What the task asks: Reproduce exactly, from the data that follows, the line with "(is_present (read_path profile", the line with "pub wrote_in : is_truthy", and every line that lies between them.

Task data:
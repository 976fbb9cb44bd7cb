-- ===== src/Domain/Qualification/Qualified.antt =====
-- What a qualification means.
use yente.Prelude.{Text, ◌≡◌, refl, ◌↔◌, true, false, List, [], ◌∷◌, codes, arith}
use yente.Domain.Qualification.{
  Value, Policy, read_path, is_present, is_truthy, is_terminal_state, is_allowed, get_key, blockers,
  is_evidenced, missing_fields, unevidenced_fields, evaluate_qualification,
}

-- Every required field is present and has evidence.
unfoldable pub AllEvidenced : Value → List Text → Type 0
AllEvidenced profile [] = Unit {0}
AllEvidenced profile (path ∷ paths) =
    (is_present (read_path profile path) ≡ true)
    × (is_evidenced profile path ≡ true)
    × AllEvidenced profile paths

-- What a policy asks of a profile.
pub record Answers (profile : Value) (policy : Policy) : Type 0 where
  pub has_id : is_truthy (get_key profile (codes "id")) ≡ true
  pub wrote_in : is_truthy (get_key profile (codes "inboundEstablishedAt")) ≡ true
  pub not_terminal : is_terminal_state (get_key profile (codes "state")) ≡ false
  pub allowed : is_allowed policy.allowed_states (get_key profile (codes "state")) ≡ true
  pub evidenced : AllEvidenced profile policy.required_fields

fields_iff :
    (profile : Value) (paths : List Text)
    → ((missing_fields profile paths ≡ []) × (unevidenced_fields profile paths ≡ []))
      ↔ AllEvidenced profile paths
unfolding missing_fields unevidenced_fields AllEvidenced
fields_iff profile [] = ((λ h. tt), (λ h. (refl, refl)))
fields_iff profile (path ∷ paths) = (
  (λ h. ground (arith, fields_iff profile paths)),
  (λ h. ground (arith, fields_iff profile paths)),
)

blockers_iff :
    (profile : Value) (policy : Policy)
    → (blockers profile policy ≡ []) ↔ (
        (is_truthy (get_key profile (codes "id")) ≡ true)
        × (is_truthy (get_key profile (codes "inboundEstablishedAt")) ≡ true)
        × (is_terminal_state (get_key profile (codes "state")) ≡ false)
        × (is_allowed policy.allowed_states (get_key profile (codes "state")) ≡ true))
unfolding blockers
blockers_iff profile policy = ((λ h. ground arith), (λ h. ground arith))

-- A profile qualifies exactly if it has an id and an inbound relationship, is in no terminal state and
-- in one that the policy allows, and every required field is present and has evidence.
pub evaluate_qualification-Answers :
    (profile : Value) (policy : Policy)
    → ((evaluate_qualification profile policy).qualified ≡ true) ↔ Answers profile policy
unfolding evaluate_qualification
evaluate_qualification-Answers profile policy = (
  (λ h. ground (arith, blockers_iff profile policy, fields_iff profile policy.required_fields)),
  (λ h. ground (arith, blockers_iff profile policy, fields_iff profile policy.required_fields)),
)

Response for this exercise:
    (is_present (read_path profile path) ≡ true)
    × (is_evidenced profile path ≡ true)
    × AllEvidenced profile paths

-- What a policy asks of a profile.
pub record Answers (profile : Value) (policy : Policy) : Type 0 where
  pub has_id : is_truthy (get_key profile (codes "id")) ≡ true
  pub wrote_in : is_truthy (get_key profile (codes "inboundEstablishedAt")) ≡ true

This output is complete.